Stranger: yheyheyheyheyheyheyheyheyheyhey You: sup dude Stranger: just chillin Stranger: jammin Stranger: wbu? You: thinking about my boyfriend Stranger: oh yeah? Stranger: that's sweet what is he like You: he was pretty nice, he moved away though Stranger: how far? You: out of state Stranger: Like way out of state or a few hours away? You: way out You: i tried helping him move out You: well i did actually' Stranger: well how old are you? You: 19 Stranger: then buy a plane ticket and chase his fine ass down You: lol i remember him saying bye to me. Stranger: aw.. You: the last words i heard was him greeting one of the movers before leaving Stranger: what did he say? You: "Hey It's Dan" Stranger: You're a b/ro You: ha Stranger: I knew it Stranger: haha You: I had a feeling you knew Stranger: try that story again, that's good
meh - You're now chatting with a random stranger. Say hi! You both like tumblr. Stranger: M You: D Stranger: ? You: ?? You: oh sorry You: keyboard sucks lol You: meant to say f Stranger: Cool cool Stranger: Age You: 19 Stranger: Horny? You: sure Stranger: Skype? You: sure You: but first You: what's your religion? Stranger: Well Stranger: I'm a Christian You: how come you havent accepted dan into your heart? Stranger: Dan? You: yes, dan Stranger: Um Stranger: Where are you from that's my preachers name You: dan is our real savior Stranger: Ohh Stranger: Well are we skyping or are you just messing with me haha Stranger: I'm chill either way You: sure but whats your favorite letter? Stranger: Okayy lol you're just trolling You: nonoo Stranger: Prove it the. Stranger: Then You: really, whats your favorite letter Stranger: Q You: mines b Stranger: It's an o with a sassy leg. Stranger: So your Skype? Stranger: Well You: sure its danb.7ard Stranger: Sounds like a guy. You: its just an inside joke :P Stranger: Ah You: yeah :) Stranger: It can't find you You: because im an anon, faggot You have disconnected.

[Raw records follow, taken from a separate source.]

-- ===== src/Gate/Store/Members.antt =====
-- The members of a set of the example store (Gate/Store.antt) and their scores.
use terraformer.Base.{
  ℕ, zero, suc, ◌+◌, ◌≤◌, ◌≡◌, ◌≢◌, refl, ap, Option, none, some, List, [], ◌∷◌, arith, map,
}
use terraformer.Gate.Redis.{Cutoff, above, kept, one_if}

-- The score of member m stands at place m.
abbrev pub Scores : Type 0
Scores = List (Option ℕ)

unfoldable pub score_of : ℕ → Scores → Option ℕ
score_of m [] = none
score_of zero (o ∷ os) = o
score_of (suc m) (o ∷ os) = score_of m os

unfoldable pub put_score : ℕ → Option ℕ → Scores → Scores
put_score zero o [] = o ∷ []
put_score zero o (x ∷ xs) = o ∷ xs
put_score (suc m) o [] = none ∷ put_score m o []
put_score (suc m) o (x ∷ xs) = x ∷ put_score m o xs

unfoldable pub count_after : Cutoff → Scores → ℕ
count_after c [] = 0
count_after c (o ∷ os) = one_if (above c o) + count_after c os

pub score_of-put : (m : ℕ) (o : Option ℕ) (xs : Scores) → score_of m (put_score m o xs) ≡ o
unfolding score_of put_score
score_of-put zero o [] = refl
score_of-put zero o (x ∷ xs) = refl
score_of-put (suc m) o [] = score_of-put m o []
score_of-put (suc m) o (x ∷ xs) = score_of-put m o xs

pub score_of-put_other :
    (m n : ℕ) (o : Option ℕ) (xs : Scores) → m ≢ n → score_of n (put_score m o xs) ≡ score_of n xs
unfolding score_of put_score
score_of-put_other zero zero o xs h = absurd (h refl)
score_of-put_other zero (suc n) o [] h = refl
score_of-put_other zero (suc n) o (x ∷ xs) h = refl
score_of-put_other (suc m) zero o [] h = refl
score_of-put_other (suc m) zero o (x ∷ xs) h = refl
score_of-put_other (suc m) (suc n) o [] h = score_of-put_other m n o [] (λ e. h (ap suc e))
score_of-put_other (suc m) (suc n) o (x ∷ xs) h = score_of-put_other m n o xs (λ e. h (ap suc e))

pub count_after-put :
    (c : Cutoff) (m : ℕ) (o : Option ℕ) (xs : Scores)
    → count_after c (put_score m o xs) + one_if (above c (score_of m xs))
      ≡ count_after c xs + one_if (above c o)
unfolding count_after score_of put_score
count_after-put c zero o [] = omega arith
count_after-put c zero o (x ∷ xs) = omega arith
count_after-put c (suc m) o [] = omega (arith, count_after-put c m o [])
count_after-put c (suc m) o (x ∷ xs) = omega (arith, count_after-put c m o xs)

pub score_of-map :
    (c : Cutoff) (m : ℕ) (xs : Scores) → score_of m (map (kept c) xs) ≡ kept c (score_of m xs)
unfolding score_of
score_of-map c m [] = refl
score_of-map c zero (x ∷ xs) = refl
score_of-map c (suc m) (x ∷ xs) = score_of-map c m xs

above-kept_later :
    (c later : Cutoff) (o : Option ℕ)
    → c.instant + later.back ≤ later.instant + c.back
    → above later (kept c o) ≡ above later o
above-kept_later c later none h = refl
above-kept_later c later (some x) h = ground (arith, h)

pub count_after-map :
    (c later : Cutoff) (xs : Scores)
    → c.instant + later.back ≤ later.instant + c.back
    → count_after later (map (kept c) xs) ≡ count_after later xs
unfolding count_after
count_after-map c later [] h = refl
count_after-map c later (x ∷ xs) h =
    rw (above-kept_later c later x h, count_after-map c later xs h) refl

You're now chatting with a random stranger. Say hi! You both like tumblr. You: hello Stranger: hey Stranger: how are you daning Stranger: typo Stranger: how are you doing You: fine thanks You: hbu Stranger: doing dandy You: lol no ones being subtle anymore You: the funs gone Stranger: yeah Stranger: sorta over it too You: lol Stranger: later bro You: oh well You: later Stranger has disconnected.

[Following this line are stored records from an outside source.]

-- ===== src/Gate/Store.antt =====
-- A store that behaves as Gate/Redis.antt asks of Redis: an example of what the gate may work with.
pub mod Members
use mathlib.Core.Logic.{ite, if_pos, if_neg}
use native.Mathlib.Decide.{ℕ_discrete}
use terraformer.Base.{
  ℕ, zero, suc, ◌+◌, ◌≤◌, ◌≡◌, ◌≢◌, refl, ap, Bool, true, false, Option, none, some, List, [], ◌∷◌,
  arith, ltb, if◌then◌else◌, map,
}
use terraformer.Text.{Text}
use terraformer.Gate.{Key, Settings, Spelling}
use terraformer.Gate.Leases.{lease_count, is_held, stored, IsPool}
use terraformer.Gate.Refines.{Represents}
use terraformer.Gate.Redis.{Redis, RedisLaws, SameAt, Cutoff, above, kept, one_if}
use terraformer.Gate.Store.Members.{
  Scores, score_of, put_score, count_after, score_of-put, score_of-put_other, count_after-put,
  score_of-map, count_after-map,
}

-- A key lasts until `expires`, if that is set.
pub record Entry : Type 0 where
  pub text : Option Text
  pub scores : Scores
  pub expires : Option ℕ

abbrev pub is_gone : ℕ → Option ℕ → Bool
is_gone t none = false
is_gone t (some e) = if ltb t e then false else true

abbrev pub absent : Entry
absent = record { text = none; scores = []; expires = none }

abbrev pub as_of : ℕ → Entry → Entry
as_of t x = if is_gone t x.expires then absent else x

unfoldable pub Key-discrete : Discrete Key
Key-discrete = hlevel (ℕ_discrete)

abbrev pub Contents : Type 0
Contents = Key → Entry

unfoldable pub write : Key → Entry → Contents → Contents
write k x d j = ite (Key-discrete k j) x (d j)

abbrev pub store : Redis
store = record {
  Db = Contents;
  get = λ t k d. (as_of t (d k)).text;
  zcount = λ t k c d. count_after c (as_of t (d k)).scores;
  zscore = λ t k m d. score_of m (as_of t (d k)).scores;
  set = λ now k v ttl d.
      write k (record { text = some v; scores = []; expires = some (now + ttl) }) d;
  delete = λ k d. write k absent d;
  zadd = λ now k m s d.
      let x = as_of now (d k) in write k (record x { scores = put_score m (some s) x.scores }) d;
  zrem = λ k m d. let x = d k in write k (record x { scores = put_score m none x.scores }) d;
  zremrangebyscore =
      λ now k c d. let x = d k in write k (record x { scores = map (kept c) x.scores }) d;
  expire =
      λ now k ttl d. let x = as_of now (d k) in write k (record x { expires = some (now + ttl) }) d;
}

write_other : (j k : Key) (x : Entry) (d : Contents) → j ≢ k → write j x d k ≡ d k
unfolding write
write_other j k x d h = elim (Key-discrete j k) [ yes e ↦ absurd (h e) | no n ↦ if_neg _ n x (d k) ]

write-SameAt : (j k : Key) (x : Entry) (d : Contents) → j ≢ k → SameAt store k (write j x d) d
write-SameAt j k x d h = record {
  same_get = λ t. rw (write_other j k x d h) refl;
  same_count = λ t c. rw (write_other j k x d h) refl;
  same_score = λ t m. rw (write_other j k x d h) refl;
}

write_self : (k : Key) (x : Entry) (d : Contents) → write k x d k ≡ x
unfolding write
write_self k x d = elim (Key-discrete k k) [ yes e ↦ rw (if_pos _ e) refl | no n ↦ absurd (n refl) ]

-- How long an entry lasts is all that time decides.
gone-later :
    (t : ℕ) (x : Entry) (s : Scores)
    → (as_of t (record x { scores = s })).scores ≡ (if is_gone t x.expires then [] else s)
gone-later t x s = go (is_gone t x.expires)
  where
    go : (b : Bool) → (if b then absent else record x { scores = s }).scores ≡ (if b then [] else s)
    go true = refl
    go false = refl

unexpired : (now : ℕ) (x : Entry) → is_gone now (as_of now x).expires ≡ false
unexpired now x = go (is_gone now x.expires) refl
  where
    go :
        (b : Bool)
        → is_gone now x.expires ≡ b
        → is_gone now (if b then absent else x).expires ≡ false
    go true e = refl
    go false e = e

pub store-RedisLaws : RedisLaws store
unfolding score_of count_after
store-RedisLaws = record {
  set_elsewhere = λ now j k v ttl d h. write-SameAt j k _ d h;
  delete_elsewhere = λ j k d h. write-SameAt j k _ d h;
  zadd_elsewhere = λ now j k m s d h. write-SameAt j k _ d h;
  zrem_elsewhere = λ j k m d h. write-SameAt j k _ d h;
  prune_elsewhere = λ now j k c d h. write-SameAt j k _ d h;
  expire_elsewhere = λ now j k ttl d h. write-SameAt j k _ d h;
  get-set = λ now t k v ttl d h. rw (write_self k) (go (ltb t (now + ttl)) v (now + ttl));
  get-delete = λ t k d. rw (write_self k) refl;
  zscore-zadd =
      λ now k m s d. rw (write_self k, gone-later now, unexpired now) (score_of-put m (some s) _);
  zscore-zadd_other = λ now k m n s d h.
      rw (write_self k, gone-later now, unexpired now) (score_of-put_other m n (some s) _ h);
  zcount-zadd = λ now k m s c d.
      rw (write_self k, gone-later now, unexpired now) (count_after-put c m (some s) _);
  zscore-zrem =
      λ t k m d. rw (write_self k, gone-later t) (removed (is_gone t (d k).expires) m (d k).scores);
  zscore-zrem_other = λ t k m n d h. rw (write_self k, gone-later t) (kept_other t m n (d k) h);
  zcount-zrem = λ t k m c d. rw (write_self k, gone-later t) (counted t m c (d k));
  zscore-prune = λ now k m c d. rw (write_self k, gone-later now) (pruned now m c (d k));
  zcount-prune =
      λ now k c later d h. rw (write_self k, gone-later now) (prune_count now c later (d k) h);
  zscore-expire = λ now t k m ttl d h.
      rw (write_self k) (lasts (ltb t (now + ttl)) m (as_of now (d k)) (now + ttl));
  zcount-expire = λ now t k c ttl d h.
      rw (write_self k) (counts_last (ltb t (now + ttl)) c (as_of now (d k)) (now + ttl));
}
  where
    go :
        (b : Bool) (v : Text) (e : ℕ)
        → (if (if b then false else true)
            then absent
            else (record { text = some v; scores = []; expires = some e })).text
          ≡ (if b then some v else none)
    go true v e = refl
    go false v e = refl

    removed :
        (b : Bool) (m : ℕ) (xs : Scores) → score_of m (if b then [] else put_score m none xs) ≡ none
    removed true m xs = refl
    removed false m xs = score_of-put m none xs

    kept_other :
        (t m n : ℕ) (x : Entry)
        → m ≢ n
        → score_of n (if is_gone t x.expires then [] else put_score m none x.scores)
          ≡ score_of n (as_of t x).scores
    kept_other t m n x h = by_case (is_gone t x.expires)
      where
        by_case :
            (b : Bool)
            → score_of n (if b then [] else put_score m none x.scores)
              ≡ score_of n (if b then absent else x).scores
        by_case true = refl
        by_case false = score_of-put_other m n none x.scores h

    counted :
        (t m : ℕ) (c : Cutoff) (x : Entry)
        → count_after c (if is_gone t x.expires then [] else put_score m none x.scores)
            + one_if (above c (score_of m (as_of t x).scores))
          ≡ count_after c (as_of t x).scores
    counted t m c x = by_case (is_gone t x.expires)
      where
        by_case :
            (b : Bool)
            → count_after c (if b then [] else put_score m none x.scores)
                + one_if (above c (score_of m (if b then absent else x).scores))
              ≡ count_after c (if b then absent else x).scores
        by_case true = refl
        by_case false = omega (arith, count_after-put c m none x.scores)

    pruned :
        (t m : ℕ) (c : Cutoff) (x : Entry)
        → score_of m (if is_gone t x.expires then [] else map (kept c) x.scores)
          ≡ kept c (score_of m (as_of t x).scores)
    pruned t m c x = by_case (is_gone t x.expires)
      where
        by_case :
            (b : Bool)
            → score_of m (if b then [] else map (kept c) x.scores)
              ≡ kept c (score_of m (if b then absent else x).scores)
        by_case true = refl
        by_case false = score_of-map c m x.scores

    prune_count :
        (t : ℕ) (c later : Cutoff) (x : Entry)
        → c.instant + later.back ≤ later.instant + c.back
        → count_after later (if is_gone t x.expires then [] else map (kept c) x.scores)
          ≡ count_after later (as_of t x).scores
    prune_count t c later x h = by_case (is_gone t x.expires)
      where
        by_case :
            (b : Bool)
            → count_after later (if b then [] else map (kept c) x.scores)
              ≡ count_after later (if b then absent else x).scores
        by_case true = refl
        by_case false = count_after-map c later x.scores h

    lasts :
        (b : Bool) (m : ℕ) (x : Entry) (e : ℕ)
        → score_of m
            (if (if b then false else true) then absent else record x { expires = some e }).scores
          ≡ (if b then score_of m x.scores else none)
    lasts true m x e = refl
    lasts false m x e = refl

    counts_last :
        (b : Bool) (c : Cutoff) (x : Entry) (e : ℕ)
        → count_after c
            (if (if b then false else true) then absent else record x { expires = some e }).scores
          ≡ (if b then count_after c x.scores else 0)
    counts_last true c x e = refl
    counts_last false c x e = refl

abbrev pub empty_store : Contents
empty_store k = absent

-- Nothing stored is a pool with no lease.
pub empty-Represents :
    (settings : Settings) (spelling : Spelling) (now : ℕ)
    → Represents store settings spelling now empty_store []
unfolding score_of count_after lease_count is_held stored IsPool
empty-Represents settings spelling now = record {
  is_pool = tt;
  counts = λ s t k u v. refl;
  members = λ s t k m u v. refl;
  permits = λ s m u. refl;
}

You: cant sleep Stranger: hey Stranger: sorry You: hi You: been thinking about stuff Stranger: same You: like what? Stranger: idk Stranger: how we're all deathly identical You: idano either You: what im pretty unique You: so are you prolly Stranger: but we all do the same stuff mainly You: well what are your top 3 interests? Stranger: i like animals i think Stranger: idk You: ew gross well i definitely dont like animals Stranger: ha You: i mean i like dressing up like animals sometimes You: god? Stranger: farm animals and fish and stuff are gross probably Stranger: i like my friends pets mainly You: o i like my friends pets too? You: do you want to havfe sex with them? Stranger: no Stranger: i didnt mean it in that wau You: may the light of dan be upon you then. you are purged of all your sins. Stranger: ok You: so.... you like niggers? Stranger: i like everyone the same mostly You: oh you must be a faggot then You: ive seen your work OP. not bad You: dot jay peg Stranger: can girls be faggots You: have you let dan into your heart yet? Stranger: what are you talking about You: dan is the way, the light, and the truth You: im talking about our savior Stranger: ohh you're the person who said dan earlier You: if you open your heart to him, he will open his rectum to you, and hold you in his loving embrace for all eternity. Praise Dan Stranger: do you mean dan howell or some other godly form You: dan has no earthly name. he is before, and after. and all that is between Stranger: ok You: say it Stranger: dan has no earthly name ,dan is love dan is life You: wow. I think I just won. Stranger: cool
You're now chatting with a random stranger. Say hi! You both like Tumblr. Stranger: Hey You: hey? Stranger: How's it goin You: just dandy! how about you? Stranger: Fuck off neckbeard. Stranger has disconnected.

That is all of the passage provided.